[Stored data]
━━━

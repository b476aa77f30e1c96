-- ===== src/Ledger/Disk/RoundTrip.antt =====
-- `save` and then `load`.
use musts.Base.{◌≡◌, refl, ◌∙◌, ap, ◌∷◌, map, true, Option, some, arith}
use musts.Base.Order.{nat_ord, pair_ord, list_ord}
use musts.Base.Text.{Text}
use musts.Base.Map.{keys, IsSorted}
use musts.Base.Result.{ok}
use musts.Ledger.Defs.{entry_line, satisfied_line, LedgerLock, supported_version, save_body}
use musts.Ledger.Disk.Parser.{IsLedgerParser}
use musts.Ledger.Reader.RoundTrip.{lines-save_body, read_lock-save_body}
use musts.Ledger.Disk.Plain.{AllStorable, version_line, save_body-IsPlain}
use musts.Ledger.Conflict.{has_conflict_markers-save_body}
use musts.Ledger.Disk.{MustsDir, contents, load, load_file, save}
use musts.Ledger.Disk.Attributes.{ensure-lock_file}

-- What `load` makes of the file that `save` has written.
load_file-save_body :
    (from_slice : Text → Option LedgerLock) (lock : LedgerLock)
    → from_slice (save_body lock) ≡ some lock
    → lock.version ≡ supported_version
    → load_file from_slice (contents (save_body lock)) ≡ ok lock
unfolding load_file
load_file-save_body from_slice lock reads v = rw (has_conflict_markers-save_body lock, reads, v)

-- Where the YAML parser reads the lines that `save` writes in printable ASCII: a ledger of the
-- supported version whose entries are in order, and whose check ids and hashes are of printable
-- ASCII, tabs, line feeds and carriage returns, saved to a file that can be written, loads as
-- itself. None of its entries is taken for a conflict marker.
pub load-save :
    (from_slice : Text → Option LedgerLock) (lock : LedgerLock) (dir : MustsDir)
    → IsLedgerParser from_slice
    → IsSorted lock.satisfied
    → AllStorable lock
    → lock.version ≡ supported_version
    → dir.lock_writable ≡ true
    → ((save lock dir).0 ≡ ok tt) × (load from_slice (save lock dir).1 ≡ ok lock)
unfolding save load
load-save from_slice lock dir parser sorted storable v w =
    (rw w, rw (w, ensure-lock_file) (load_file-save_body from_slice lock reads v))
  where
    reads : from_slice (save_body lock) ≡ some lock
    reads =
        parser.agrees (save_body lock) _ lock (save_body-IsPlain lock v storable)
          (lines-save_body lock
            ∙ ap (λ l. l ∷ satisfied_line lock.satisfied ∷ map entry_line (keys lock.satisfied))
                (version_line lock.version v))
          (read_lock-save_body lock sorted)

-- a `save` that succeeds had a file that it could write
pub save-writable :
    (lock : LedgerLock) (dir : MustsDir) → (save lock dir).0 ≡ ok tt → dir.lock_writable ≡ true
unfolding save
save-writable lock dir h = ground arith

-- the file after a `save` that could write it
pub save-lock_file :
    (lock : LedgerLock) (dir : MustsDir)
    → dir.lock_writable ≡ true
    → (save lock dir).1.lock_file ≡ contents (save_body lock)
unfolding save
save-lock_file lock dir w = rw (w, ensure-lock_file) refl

━━━

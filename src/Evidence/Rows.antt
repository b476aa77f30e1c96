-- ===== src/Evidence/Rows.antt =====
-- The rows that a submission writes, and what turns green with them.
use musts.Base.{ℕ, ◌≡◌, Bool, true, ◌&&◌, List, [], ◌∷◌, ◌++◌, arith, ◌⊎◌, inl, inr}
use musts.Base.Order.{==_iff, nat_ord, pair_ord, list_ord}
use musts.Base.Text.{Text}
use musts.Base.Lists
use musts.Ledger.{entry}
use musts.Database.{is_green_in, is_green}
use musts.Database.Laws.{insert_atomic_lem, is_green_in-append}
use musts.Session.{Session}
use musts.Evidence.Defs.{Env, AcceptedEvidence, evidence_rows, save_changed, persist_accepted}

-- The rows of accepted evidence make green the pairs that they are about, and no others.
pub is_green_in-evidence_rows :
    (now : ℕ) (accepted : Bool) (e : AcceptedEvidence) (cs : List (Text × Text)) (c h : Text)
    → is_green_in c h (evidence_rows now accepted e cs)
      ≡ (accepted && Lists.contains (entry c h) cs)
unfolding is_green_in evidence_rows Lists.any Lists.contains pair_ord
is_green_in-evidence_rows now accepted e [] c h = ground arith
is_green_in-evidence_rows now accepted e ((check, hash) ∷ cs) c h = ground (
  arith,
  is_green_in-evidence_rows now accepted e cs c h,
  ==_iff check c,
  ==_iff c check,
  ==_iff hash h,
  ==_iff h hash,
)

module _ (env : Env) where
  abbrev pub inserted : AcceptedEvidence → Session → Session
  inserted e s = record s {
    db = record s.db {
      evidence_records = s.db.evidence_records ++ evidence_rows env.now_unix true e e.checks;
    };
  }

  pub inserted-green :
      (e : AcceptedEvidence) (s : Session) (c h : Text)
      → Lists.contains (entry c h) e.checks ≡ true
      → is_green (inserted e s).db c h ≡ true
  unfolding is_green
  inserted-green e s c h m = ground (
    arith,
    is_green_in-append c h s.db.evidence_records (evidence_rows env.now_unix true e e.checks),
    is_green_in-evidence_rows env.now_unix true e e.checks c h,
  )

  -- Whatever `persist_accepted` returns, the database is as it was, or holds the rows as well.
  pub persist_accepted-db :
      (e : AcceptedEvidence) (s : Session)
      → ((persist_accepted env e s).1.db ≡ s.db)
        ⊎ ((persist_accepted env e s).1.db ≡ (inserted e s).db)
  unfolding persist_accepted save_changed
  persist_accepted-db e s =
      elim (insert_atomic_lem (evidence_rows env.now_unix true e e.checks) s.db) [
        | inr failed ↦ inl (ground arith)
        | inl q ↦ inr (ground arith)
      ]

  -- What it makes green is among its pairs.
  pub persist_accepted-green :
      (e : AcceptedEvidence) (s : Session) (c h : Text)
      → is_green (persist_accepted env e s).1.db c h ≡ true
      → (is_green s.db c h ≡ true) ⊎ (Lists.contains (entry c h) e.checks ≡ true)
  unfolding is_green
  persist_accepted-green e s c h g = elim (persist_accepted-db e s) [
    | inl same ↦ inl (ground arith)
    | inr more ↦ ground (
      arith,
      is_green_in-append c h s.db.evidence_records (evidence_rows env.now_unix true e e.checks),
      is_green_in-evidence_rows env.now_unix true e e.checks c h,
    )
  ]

━━━

== Your goal ==
Where a line above contains the string "append", copy that line.

== Solution for this exercise ==
use musts.Database.Laws.{insert_atomic_lem, is_green_in-append}
    is_green_in-append c h s.db.evidence_records (evidence_rows env.now_unix true e e.checks),
      is_green_in-append c h s.db.evidence_records (evidence_rows env.now_unix true e e.checks),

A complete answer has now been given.